„ich habe niemals gesehen ein anstelligeres Kind. Da hast du ’nen Schilling. Fährst du so fort, so wirst du werden der grösste Mann deiner Zeit. Doch will ich dir jetzt zeigen, wie man herauslöst die Buchstaben.“
Oliver konnte gar nicht begreifen, wie er ein grosser Mann dadurch werden könne, dass er dem alten Herrn das Tuch aus der Tasche zöge, meinte jedoch, dass es der so viel Aeltere besser wissen müsse, als er, und war bald eifrig mit seinen neuen Studien beschäftigt.
Zehntes Kapitel.
Oliver gewinnt Erfahrung um einen hohen Preis.
Oliver blieb acht bis zehn Tage im Zimmer des Juden, wurde fortwährend beschäftigt, Zeichen aus Taschentüchern herauszulösen, und nahm bisweilen an dem beschriebenen Spiele Theil, das täglich gespielt wurde. Er fing immer mehr an, sich nach frischer Luft zu sehnen, und bat den alten Herrn mehrmals auf das Dringendste, ihn mit seinen beiden Kameraden zum Arbeiten ausgehen zu lassen.
Endlich wurde ihm eines Morgens die Erlaubniss ertheilt, unter Jack’s und Charley’s Aufsicht auszugehen. Sie gingen, und geriethen sogleich in ein sehr faulenzerisches Schlendern, was Oliver höchst missbilligte, eingedenk der vielfachen Warnungen des alten Herrn vor dem verderblichen Müssiggange. Der Baldoberer verübte mannichfachen Muthwillen an Knaben, und Charley erlaubte sich sogar, die Heiligkeit des Eigenthums zu verletzen, wenn er an einem Apfel- oder Zwiebelkorbe vorüber kam. Oliver war daher schon im Begriff, unwillig heimzukehren, als seine Begleiter auf einmal anfingen, sich äusserst geheimnissvoll zu benehmen, wodurch er von seinem Vorhaben abgelenkt wurde.
Sie umschlichen einen alten Herrn, auf den sie ihn aufmerksam gemacht hatten, ohne seine Fragen anders als durch einige ihm unverständliche Worte und Winke zu beantworten. Er hielt sich einige Schritte hinter ihnen, und stand endlich, unschlüssig, ob er weitergehen oder sich zurückziehen solle, verwundert zuschauend da.

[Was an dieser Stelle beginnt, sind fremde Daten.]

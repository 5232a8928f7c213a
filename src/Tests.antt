-- ===== src/Tests.antt =====
-- Runs on small inputs, and the theorems at inputs that meet their hypotheses.
mod Writing
mod Pictures
mod Threads
mod Motion
mod Lifecycle
mod Client
mod Stream
mod Reading
mod Capture
mod Monitor
mod Sessions
mod Connected
mod Motions
mod Displays
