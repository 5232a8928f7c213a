-- ===== src/Tests/Capture.antt =====
-- The fake camera's socket, and the first server, on small inputs.
use edaf55_project.Base.{
  ℕ, ◌+◌, ◌≤◌, ◌≡◌, refl, List, [], ◌∷◌, length, some, true, false, ℤ, pos, arith,
}
use edaf55_project.Os.{Os, Call, socket, close, gethostbyname, malloc}
use edaf55_project.Socket.Pipe.{Pipe, pipe, pipe-IsLawful}
use edaf55_project.FakeCapture.{fake_motion_detect}
use edaf55_project.FakeCapture.Sockets.{MotionSocket, open_motion, capture_close_stream, detect_all}
use edaf55_project.FakeCapture.Sockets.Leaking.{Connects, is_open, capture_close_stream-leak}

-- Each socket gets a number that no one had before.
abbrev given : List Call → Call → ℤ
given log socket = pos (3 + length log)
given log malloc = pos 1
given log gethostbyname = pos 1
given log _ = pos 0

abbrev counting : Os
counting = record { result = given; errno = λ log. pos 0 }

unused : (k : ℕ) (log : List Call) → length log ≤ k → is_open counting (pos (3 + k)) log ≡ false
unused k [] h = refl
unused k (socket ∷ log) h = ground (arith, unused k log (omega arith))
unused k (close (pos f) ∷ log) h = ground (arith, unused k log (omega arith))
unused k (close f ∷ log) h = unused k log (omega arith)
unused k (_ ∷ log) h = unused k log (omega arith)

counting-Connects : Connects counting
counting-Connects = record {
  fresh = λ log. unused (length log) log (omega arith);
  room = λ log. refl;
  found = λ log. refl;
  reached = λ log fd. refl;
}

abbrev idle : MotionSocket
idle = record { motionfd = pos 0; calls = [] }

-- Frames 89 and 90; the second one is notified.
abbrev sights : List (ℕ × Pipe × ℤ)
sights =
    (89, record { limits = []; out = [] }, pos 7)
    ∷ (90, record { limits = []; out = [] }, pos 8)
    ∷ []

capture_close_stream-leak_example :
    (opened : MotionSocket) × (seen : MotionSocket) × (open_motion counting idle ≡ some opened)
    × (detect_all counting pipe sights opened ≡ some seen)
    × (is_open counting opened.motionfd (capture_close_stream counting seen).calls ≡ true)
    × ((capture_close_stream counting seen).calls ≡ close seen.motionfd ∷ seen.calls)
    × (is_open counting seen.motionfd seen.calls ≡ false)
capture_close_stream-leak_example =
    capture_close_stream-leak counting pipe counting-Connects pipe-IsLawful sights idle
      (unfold fake_motion_detect in refl)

Der alte Herr sah sehr respectabel aus, trug Puder in den Haaren und eine goldene Brille. Er hatte sich vor einen Bücherladen hingestellt, ein Buch zur Hand genommen, las darin, sein spanisches Rohr unter dem linken Arme, und hörte und sah offenbar nicht, was um ihn her vorging.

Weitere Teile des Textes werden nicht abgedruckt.